- **TASK STATEMENT**
Each entry must be restated word for word.

::::::::::

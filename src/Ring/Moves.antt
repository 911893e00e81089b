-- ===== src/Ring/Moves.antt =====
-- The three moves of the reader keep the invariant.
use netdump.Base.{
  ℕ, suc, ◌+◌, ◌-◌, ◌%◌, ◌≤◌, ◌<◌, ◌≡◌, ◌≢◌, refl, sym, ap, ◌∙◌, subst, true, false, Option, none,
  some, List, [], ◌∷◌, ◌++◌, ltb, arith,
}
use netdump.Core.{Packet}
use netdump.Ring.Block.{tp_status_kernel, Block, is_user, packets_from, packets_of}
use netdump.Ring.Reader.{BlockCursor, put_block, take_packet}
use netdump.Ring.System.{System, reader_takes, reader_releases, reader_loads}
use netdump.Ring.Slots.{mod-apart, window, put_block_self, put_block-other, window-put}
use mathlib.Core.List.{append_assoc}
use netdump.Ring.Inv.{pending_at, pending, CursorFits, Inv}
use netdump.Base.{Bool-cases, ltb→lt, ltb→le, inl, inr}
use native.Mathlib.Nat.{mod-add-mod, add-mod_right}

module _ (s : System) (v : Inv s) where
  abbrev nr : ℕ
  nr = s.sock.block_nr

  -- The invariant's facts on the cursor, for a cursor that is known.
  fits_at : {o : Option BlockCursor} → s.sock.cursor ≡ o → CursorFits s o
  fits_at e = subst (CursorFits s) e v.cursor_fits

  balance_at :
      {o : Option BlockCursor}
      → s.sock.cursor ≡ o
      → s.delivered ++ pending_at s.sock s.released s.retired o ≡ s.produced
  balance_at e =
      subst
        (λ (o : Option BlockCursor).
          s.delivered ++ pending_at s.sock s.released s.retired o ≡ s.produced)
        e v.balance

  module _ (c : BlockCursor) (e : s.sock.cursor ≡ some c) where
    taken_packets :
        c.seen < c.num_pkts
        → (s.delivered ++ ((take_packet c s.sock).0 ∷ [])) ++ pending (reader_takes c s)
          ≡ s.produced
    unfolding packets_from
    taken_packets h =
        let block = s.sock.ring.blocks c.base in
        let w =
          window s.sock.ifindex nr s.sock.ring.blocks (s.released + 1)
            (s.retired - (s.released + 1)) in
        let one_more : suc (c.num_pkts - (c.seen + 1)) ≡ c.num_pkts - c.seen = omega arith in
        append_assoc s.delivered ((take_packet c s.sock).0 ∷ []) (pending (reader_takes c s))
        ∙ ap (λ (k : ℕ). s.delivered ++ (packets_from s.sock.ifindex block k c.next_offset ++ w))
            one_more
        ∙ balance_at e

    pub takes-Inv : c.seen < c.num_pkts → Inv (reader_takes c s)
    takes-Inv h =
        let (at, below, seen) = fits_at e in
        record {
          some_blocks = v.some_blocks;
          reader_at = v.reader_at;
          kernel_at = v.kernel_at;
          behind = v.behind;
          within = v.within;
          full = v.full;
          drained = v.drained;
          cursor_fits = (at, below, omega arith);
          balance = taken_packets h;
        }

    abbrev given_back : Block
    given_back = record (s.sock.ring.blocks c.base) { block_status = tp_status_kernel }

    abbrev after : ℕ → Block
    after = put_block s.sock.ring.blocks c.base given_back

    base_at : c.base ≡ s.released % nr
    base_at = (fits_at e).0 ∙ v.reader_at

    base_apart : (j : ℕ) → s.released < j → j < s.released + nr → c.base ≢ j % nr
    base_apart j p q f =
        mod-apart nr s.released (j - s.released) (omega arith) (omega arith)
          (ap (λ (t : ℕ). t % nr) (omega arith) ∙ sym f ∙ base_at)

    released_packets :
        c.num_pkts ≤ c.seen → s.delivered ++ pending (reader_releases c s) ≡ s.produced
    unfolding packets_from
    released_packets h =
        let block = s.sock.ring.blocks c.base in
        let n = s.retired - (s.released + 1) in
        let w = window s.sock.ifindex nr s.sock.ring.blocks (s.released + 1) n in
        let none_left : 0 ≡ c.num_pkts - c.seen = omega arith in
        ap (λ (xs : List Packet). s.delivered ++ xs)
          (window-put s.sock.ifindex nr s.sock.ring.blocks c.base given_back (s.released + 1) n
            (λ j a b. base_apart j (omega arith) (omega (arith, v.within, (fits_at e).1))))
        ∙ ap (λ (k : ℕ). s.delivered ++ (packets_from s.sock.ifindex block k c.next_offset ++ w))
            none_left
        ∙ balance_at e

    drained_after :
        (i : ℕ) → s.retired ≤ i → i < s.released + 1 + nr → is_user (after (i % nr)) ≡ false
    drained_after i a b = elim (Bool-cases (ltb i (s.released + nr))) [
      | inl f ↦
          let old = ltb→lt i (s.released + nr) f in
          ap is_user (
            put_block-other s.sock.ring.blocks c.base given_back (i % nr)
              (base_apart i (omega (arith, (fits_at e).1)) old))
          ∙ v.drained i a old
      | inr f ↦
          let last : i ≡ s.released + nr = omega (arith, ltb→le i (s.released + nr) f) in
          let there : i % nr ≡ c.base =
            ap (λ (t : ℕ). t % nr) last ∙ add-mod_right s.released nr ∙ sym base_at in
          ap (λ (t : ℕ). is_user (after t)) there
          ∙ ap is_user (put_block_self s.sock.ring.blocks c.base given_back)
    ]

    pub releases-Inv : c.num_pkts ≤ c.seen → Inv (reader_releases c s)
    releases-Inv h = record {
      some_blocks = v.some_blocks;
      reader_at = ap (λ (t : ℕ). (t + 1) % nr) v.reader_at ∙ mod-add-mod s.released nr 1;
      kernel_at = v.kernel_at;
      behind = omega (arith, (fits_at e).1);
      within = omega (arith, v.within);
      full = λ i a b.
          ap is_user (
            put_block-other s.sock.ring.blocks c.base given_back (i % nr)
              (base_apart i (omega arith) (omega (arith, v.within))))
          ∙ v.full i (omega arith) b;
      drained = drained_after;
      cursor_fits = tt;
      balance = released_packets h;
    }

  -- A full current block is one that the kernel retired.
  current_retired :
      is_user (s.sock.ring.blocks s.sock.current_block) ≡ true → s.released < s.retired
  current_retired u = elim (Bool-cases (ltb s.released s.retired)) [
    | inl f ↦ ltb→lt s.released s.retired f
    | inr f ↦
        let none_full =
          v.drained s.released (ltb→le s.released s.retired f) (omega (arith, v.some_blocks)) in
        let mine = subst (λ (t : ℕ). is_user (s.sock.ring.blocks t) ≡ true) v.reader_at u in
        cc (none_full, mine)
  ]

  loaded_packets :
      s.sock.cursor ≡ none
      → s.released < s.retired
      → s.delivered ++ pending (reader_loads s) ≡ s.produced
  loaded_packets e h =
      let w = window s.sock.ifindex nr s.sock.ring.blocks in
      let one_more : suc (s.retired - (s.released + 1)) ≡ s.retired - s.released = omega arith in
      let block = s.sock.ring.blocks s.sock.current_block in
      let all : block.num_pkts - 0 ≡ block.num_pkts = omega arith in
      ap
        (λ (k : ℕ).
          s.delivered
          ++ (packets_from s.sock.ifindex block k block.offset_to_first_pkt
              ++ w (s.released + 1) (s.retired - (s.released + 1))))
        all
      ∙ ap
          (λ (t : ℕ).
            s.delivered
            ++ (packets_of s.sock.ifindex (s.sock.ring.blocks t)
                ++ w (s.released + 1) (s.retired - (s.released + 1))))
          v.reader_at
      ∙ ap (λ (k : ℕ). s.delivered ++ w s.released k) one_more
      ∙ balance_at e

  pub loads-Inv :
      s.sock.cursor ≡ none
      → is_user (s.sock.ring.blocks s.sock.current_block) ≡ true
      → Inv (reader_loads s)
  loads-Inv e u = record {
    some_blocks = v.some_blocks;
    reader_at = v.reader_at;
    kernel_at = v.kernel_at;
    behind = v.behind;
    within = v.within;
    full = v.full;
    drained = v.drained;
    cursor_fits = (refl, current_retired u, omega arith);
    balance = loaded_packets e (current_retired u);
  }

::::::::::

- **ANSWER BELOW**
filename src/Ring/Moves.antt
repository 911893e00e81089b
-- ===== src/Ring/Moves.antt =====
-- The three moves of the reader keep the invariant.
use netdump.Base.{
  ℕ, suc, ◌+◌, ◌-◌, ◌%◌, ◌≤◌, ◌<◌, ◌≡◌, ◌≢◌, refl, sym, ap, ◌∙◌, subst, true, false, Option, none,
  some, List, [], ◌∷◌, ◌++◌, ltb, arith,
}
use netdump.Core.{Packet}
use netdump.Ring.Block.{tp_status_kernel, Block, is_user, packets_from, packets_of}
use netdump.Ring.Reader.{BlockCursor, put_block, take_packet}
use netdump.Ring.System.{System, reader_takes, reader_releases, reader_loads}
use netdump.Ring.Slots.{mod-apart, window, put_block_self, put_block-other, window-put}
use mathlib.Core.List.{append_assoc}
use netdump.Ring.Inv.{pending_at, pending, CursorFits, Inv}
use netdump.Base.{Bool-cases, ltb→lt, ltb→le, inl, inr}
use native.Mathlib.Nat.{mod-add-mod, add-mod_right}

module _ (s : System) (v : Inv s) where
  abbrev nr : ℕ
  nr = s.sock.block_nr

  -- The invariant's facts on the cursor, for a cursor that is known.
  fits_at : {o : Option BlockCursor} → s.sock.cursor ≡ o → CursorFits s o
  fits_at e = subst (CursorFits s) e v.cursor_fits

  balance_at :
      {o : Option BlockCursor}
      → s.sock.cursor ≡ o
      → s.delivered ++ pending_at s.sock s.released s.retired o ≡ s.produced
  balance_at e =
      subst
        (λ (o : Option BlockCursor).
          s.delivered ++ pending_at s.sock s.released s.retired o ≡ s.produced)
        e v.balance

  module _ (c : BlockCursor) (e : s.sock.cursor ≡ some c) where
    taken_packets :
        c.seen < c.num_pkts
        → (s.delivered ++ ((take_packet c s.sock).0 ∷ [])) ++ pending (reader_takes c s)
          ≡ s.produced
    unfolding packets_from
    taken_packets h =
        let block = s.sock.ring.blocks c.base in
        let w =
          window s.sock.ifindex nr s.sock.ring.blocks (s.released + 1)
            (s.retired - (s.released + 1)) in
        let one_more : suc (c.num_pkts - (c.seen + 1)) ≡ c.num_pkts - c.seen = omega arith in
        append_assoc s.delivered ((take_packet c s.sock).0 ∷ []) (pending (reader_takes c s))
        ∙ ap (λ (k : ℕ). s.delivered ++ (packets_from s.sock.ifindex block k c.next_offset ++ w))
            one_more
        ∙ balance_at e

    pub takes-Inv : c.seen < c.num_pkts → Inv (reader_takes c s)
    takes-Inv h =
        let (at, below, seen) = fits_at e in
        record {
          some_blocks = v.some_blocks;
          reader_at = v.reader_at;
          kernel_at = v.kernel_at;
          behind = v.behind;
          within = v.within;
          full = v.full;
          drained = v.drained;
          cursor_fits = (at, below, omega arith);
          balance = taken_packets h;
        }

    abbrev given_back : Block
    given_back = record (s.sock.ring.blocks c.base) { block_status = tp_status_kernel }

    abbrev after : ℕ → Block
    after = put_block s.sock.ring.blocks c.base given_back

    base_at : c.base ≡ s.released % nr
    base_at = (fits_at e).0 ∙ v.reader_at

    base_apart : (j : ℕ) → s.released < j → j < s.released + nr → c.base ≢ j % nr
    base_apart j p q f =
        mod-apart nr s.released (j - s.released) (omega arith) (omega arith)
          (ap (λ (t : ℕ). t % nr) (omega arith) ∙ sym f ∙ base_at)

    released_packets :
        c.num_pkts ≤ c.seen → s.delivered ++ pending (reader_releases c s) ≡ s.produced
    unfolding packets_from
    released_packets h =
        let block = s.sock.ring.blocks c.base in
        let n = s.retired - (s.released + 1) in
        let w = window s.sock.ifindex nr s.sock.ring.blocks (s.released + 1) n in
        let none_left : 0 ≡ c.num_pkts - c.seen = omega arith in
        ap (λ (xs : List Packet). s.delivered ++ xs)
          (window-put s.sock.ifindex nr s.sock.ring.blocks c.base given_back (s.released + 1) n
            (λ j a b. base_apart j (omega arith) (omega (arith, v.within, (fits_at e).1))))
        ∙ ap (λ (k : ℕ). s.delivered ++ (packets_from s.sock.ifindex block k c.next_offset ++ w))
            none_left
        ∙ balance_at e

    drained_after :
        (i : ℕ) → s.retired ≤ i → i < s.released + 1 + nr → is_user (after (i % nr)) ≡ false
    drained_after i a b = elim (Bool-cases (ltb i (s.released + nr))) [
      | inl f ↦
          let old = ltb→lt i (s.released + nr) f in
          ap is_user (
            put_block-other s.sock.ring.blocks c.base given_back (i % nr)
              (base_apart i (omega (arith, (fits_at e).1)) old))
          ∙ v.drained i a old
      | inr f ↦
          let last : i ≡ s.released + nr = omega (arith, ltb→le i (s.released + nr) f) in
          let there : i % nr ≡ c.base =
            ap (λ (t : ℕ). t % nr) last ∙ add-mod_right s.released nr ∙ sym base_at in
          ap (λ (t : ℕ). is_user (after t)) there
          ∙ ap is_user (put_block_self s.sock.ring.blocks c.base given_back)
    ]

    pub releases-Inv : c.num_pkts ≤ c.seen → Inv (reader_releases c s)
    releases-Inv h = record {
      some_blocks = v.some_blocks;
      reader_at = ap (λ (t : ℕ). (t + 1) % nr) v.reader_at ∙ mod-add-mod s.released nr 1;
      kernel_at = v.kernel_at;
      behind = omega (arith, (fits_at e).1);
      within = omega (arith, v.within);
      full = λ i a b.
          ap is_user (
            put_block-other s.sock.ring.blocks c.base given_back (i % nr)
              (base_apart i (omega arith) (omega (arith, v.within))))
          ∙ v.full i (omega arith) b;
      drained = drained_after;
      cursor_fits = tt;
      balance = released_packets h;
    }

  -- A full current block is one that the kernel retired.
  current_retired :
      is_user (s.sock.ring.blocks s.sock.current_block) ≡ true → s.released < s.retired
  current_retired u = elim (Bool-cases (ltb s.released s.retired)) [
    | inl f ↦ ltb→lt s.released s.retired f
    | inr f ↦
        let none_full =
          v.drained s.released (ltb→le s.released s.retired f) (omega (arith, v.some_blocks)) in
        let mine = subst (λ (t : ℕ). is_user (s.sock.ring.blocks t) ≡ true) v.reader_at u in
        cc (none_full, mine)
  ]

  loaded_packets :
      s.sock.cursor ≡ none
      → s.released < s.retired
      → s.delivered ++ pending (reader_loads s) ≡ s.produced
  loaded_packets e h =
      let w = window s.sock.ifindex nr s.sock.ring.blocks in
      let one_more : suc (s.retired - (s.released + 1)) ≡ s.retired - s.released = omega arith in
      let block = s.sock.ring.blocks s.sock.current_block in
      let all : block.num_pkts - 0 ≡ block.num_pkts = omega arith in
      ap
        (λ (k : ℕ).
          s.delivered
          ++ (packets_from s.sock.ifindex block k block.offset_to_first_pkt
              ++ w (s.released + 1) (s.retired - (s.released + 1))))
        all
      ∙ ap
          (λ (t : ℕ).
            s.delivered
            ++ (packets_of s.sock.ifindex (s.sock.ring.blocks t)
                ++ w (s.released + 1) (s.retired - (s.released + 1))))
          v.reader_at
      ∙ ap (λ (k : ℕ). s.delivered ++ w s.released k) one_more
      ∙ balance_at e

  pub loads-Inv :
      s.sock.cursor ≡ none
      → is_user (s.sock.ring.blocks s.sock.current_block) ≡ true
      → Inv (reader_loads s)
  loads-Inv e u = record {
    some_blocks = v.some_blocks;
    reader_at = v.reader_at;
    kernel_at = v.kernel_at;
    behind = v.behind;
    within = v.within;
    full = v.full;
    drained = v.drained;
    cursor_fits = (refl, current_retired u, omega arith);
    balance = loaded_packets e (current_retired u);
  }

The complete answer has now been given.